April 3.—Yesterday was election day of the Aldermen of the city of St. John. Dr. Steeves came in this morning and congratulated me very pleasantly that my son was elected Alderman. I thanked him and said I was not at all surprised, for he was very popular in his ward; always kind and courteous to every one, he had made many friends. He must know I am perfectly sane, but I can’t persuade him to tell my son I am well enough to go home.

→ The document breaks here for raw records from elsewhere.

-- ===== src/Access/Rooms.antt =====
-- phira-mp-plus-server/src/ban.rs: the users whom a room bans, and those whom it lets in.
pub mod Listed
use phira_mp_plus.Common.{
  ℕ, ◌+◌, ℤ, beq_ℤ, List, [], ◌∷◌, ◌++◌, Bool, true, false, not, ◌||◌, ◌&&◌, Option, none, some,
  if◌then◌else◌, Result, ok, err, retain, length, ◌==◌, int_eq,
}
use phira_mp_plus.Common.Maps.{get, put}
use phira_mp_plus.Wire.Text.{Text, beq_text, text_eq}
use phira_mp_plus.Net.Proxy.{IpAddr, v4, v6}
use phira_mp_plus.Access.Store.{
  ExtensionDataStore, StoreError, get_room_extra, set_room_extra, get_global, set_global, is_some,
  or_default, register_user_field, register_room_field, not_registered,
}
use phira_mp_plus.Access.Reason.{Chars, default_ban_reason, normalize_reason, is_empty}
use phira_mp_plus.Access.Bans.{
  Json, BanError, already_listed, not_listed, not_serialized, not_persisted, refused_by_store,
  saved, parsed, blacklist_key, whitelist_key,
}

pub record RoomBanEntry : Type 0 where
  pub user_id : ℤ
  pub reason : Text
  pub banned_at : ℕ

-- The default reason of a room's ban.
abbrev pub default_room_reason : Text
default_room_reason = 0x8fdd ∷ 0x89c4 ∷ 0x884c ∷ 0x4e3a ∷ []

unfoldable pub any_user : ℤ → List RoomBanEntry → Bool
any_user user_id [] = false
any_user user_id (e ∷ es) = beq_ℤ (e.user_id) user_id || any_user user_id es

unfoldable pub contains : ℤ → List ℤ → Bool
contains user_id [] = false
contains user_id (u ∷ us) = beq_ℤ u user_id || contains user_id us

module _ (json : Json (List RoomBanEntry)) where
  unfoldable pub get_room_ban_list_raw : Text → ExtensionDataStore → List RoomBanEntry
  get_room_ban_list_raw room_uuid s = parsed json (get_room_extra room_uuid blacklist_key s)

  -- The first entry of the user with a new reason and time.
  unfoldable pub update_entry : ℤ → Text → ℕ → List RoomBanEntry → List RoomBanEntry
  update_entry user_id reason now [] = []
  update_entry user_id reason now (e ∷ es) =
      let rest = update_entry user_id reason now es in
      if beq_ℤ (e.user_id) user_id
      then record e { reason = reason; banned_at = now } ∷ es
      else e ∷ rest

  abbrev pub set_blacklist :
      Bool
      → Text
      → Option Text
      → ExtensionDataStore
      → Result BanError (Unit {0}) × ExtensionDataStore
  set_blacklist persisted room_uuid none s = (err not_serialized, s)
  set_blacklist persisted room_uuid (some t) s =
      saved persisted (set_room_extra room_uuid blacklist_key t s)

  unfoldable pub room_ban_user :
      Chars
      → Bool
      → ℕ
      → Text
      → ℤ
      → Text
      → ExtensionDataStore
      → Result BanError (Unit {0}) × ExtensionDataStore
  room_ban_user chars persisted now room_uuid user_id given s =
      let reason = if is_empty given then default_room_reason else normalize_reason chars given in
      let list = get_room_ban_list_raw room_uuid s in
      let entry : RoomBanEntry = record { user_id = user_id; reason = reason; banned_at = now } in
      set_blacklist persisted room_uuid
        (json.to_string (
          if any_user user_id list
          then update_entry user_id reason now list
          else list ++ entry ∷ []))
        s

  unfoldable pub room_unban_user :
      Bool → Text → ℤ → ExtensionDataStore → Result BanError (Unit {0}) × ExtensionDataStore
  room_unban_user persisted room_uuid user_id s =
      let list = get_room_ban_list_raw room_uuid s in
      let kept = retain (λ (e : RoomBanEntry). not (beq_ℤ (e.user_id) user_id)) list in
      if length kept == length list
      then (err not_listed, s)
      else set_blacklist persisted room_uuid (json.to_string kept) s

  unfoldable pub is_room_banned : Text → ℤ → ExtensionDataStore → Bool
  is_room_banned room_uuid user_id s = any_user user_id (get_room_ban_list_raw room_uuid s)

module _ (json : Json (List ℤ)) where
  unfoldable pub room_whitelist : Text → ExtensionDataStore → List ℤ
  room_whitelist room_uuid s = parsed json (get_room_extra room_uuid whitelist_key s)

  abbrev pub set_whitelist :
      Bool
      → Text
      → Option Text
      → ExtensionDataStore
      → Result BanError (Unit {0}) × ExtensionDataStore
  set_whitelist persisted room_uuid none s = (err not_serialized, s)
  set_whitelist persisted room_uuid (some t) s =
      saved persisted (set_room_extra room_uuid whitelist_key t s)

  unfoldable pub whitelist_add_user :
      Bool → Text → ℤ → ExtensionDataStore → Result BanError (Unit {0}) × ExtensionDataStore
  whitelist_add_user persisted room_uuid user_id s =
      let list = room_whitelist room_uuid s in
      if contains user_id list
      then (err already_listed, s)
      else set_whitelist persisted room_uuid (json.to_string (list ++ user_id ∷ [])) s

  unfoldable pub whitelist_remove_user :
      Bool → Text → ℤ → ExtensionDataStore → Result BanError (Unit {0}) × ExtensionDataStore
  whitelist_remove_user persisted room_uuid user_id s =
      let list = room_whitelist room_uuid s in
      let kept = retain (λ id. not (beq_ℤ id user_id)) list in
      if length kept == length list
      then (err not_listed, s)
      else set_whitelist persisted room_uuid (json.to_string kept) s

  unfoldable pub clear_room_whitelist :
      Bool → Text → ExtensionDataStore → Result BanError (Unit {0}) × ExtensionDataStore
  clear_room_whitelist persisted room_uuid s =
      saved persisted (set_room_extra room_uuid whitelist_key (b'[' ∷ b']' ∷ []) s)

  abbrev pub is_nil : List ℤ → Bool
  is_nil [] = true
  is_nil (u ∷ us) = false

  unfoldable pub is_room_whitelisted : Text → ℤ → ExtensionDataStore → Bool
  is_room_whitelisted room_uuid user_id s =
      is_nil (room_whitelist room_uuid s) || contains user_id (room_whitelist room_uuid s)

My dear Lewis has gone eight hundred miles beyond Winnipeg surveying. I am sorry to have him go so far. Will I ever see him again? But I feel so badly when he comes to see me, and refuses to take me home with him; and I say to myself, “I would die here alone rather than that he, my darling boy, should be shut in here and treated as I am;” for his temper, if so opposed, would make him a maniac. I have dreamed of seeing him looking wretched and crying for fresh air, for he was suffocating. All the time I had those troubled dreams, I was smothering with gas coming in my room through the small grating intended to admit heat to make us comfortable, but it did not. I was obliged to open the window to be able to breathe; my lungs required oxygen to breathe when I was lying in bed, not gas from hard coal.
There is one lady whose room is carpeted and furnished well, but she is so cold she sits flat on the carpet beside the little grate, trying to be warm. She has not enough clothing on to keep her warm. Her friends call often, but they never stay long enough to know that her room is cold. They cannot know how uncomfortable she is, or what miserable food she has, for we all fare alike.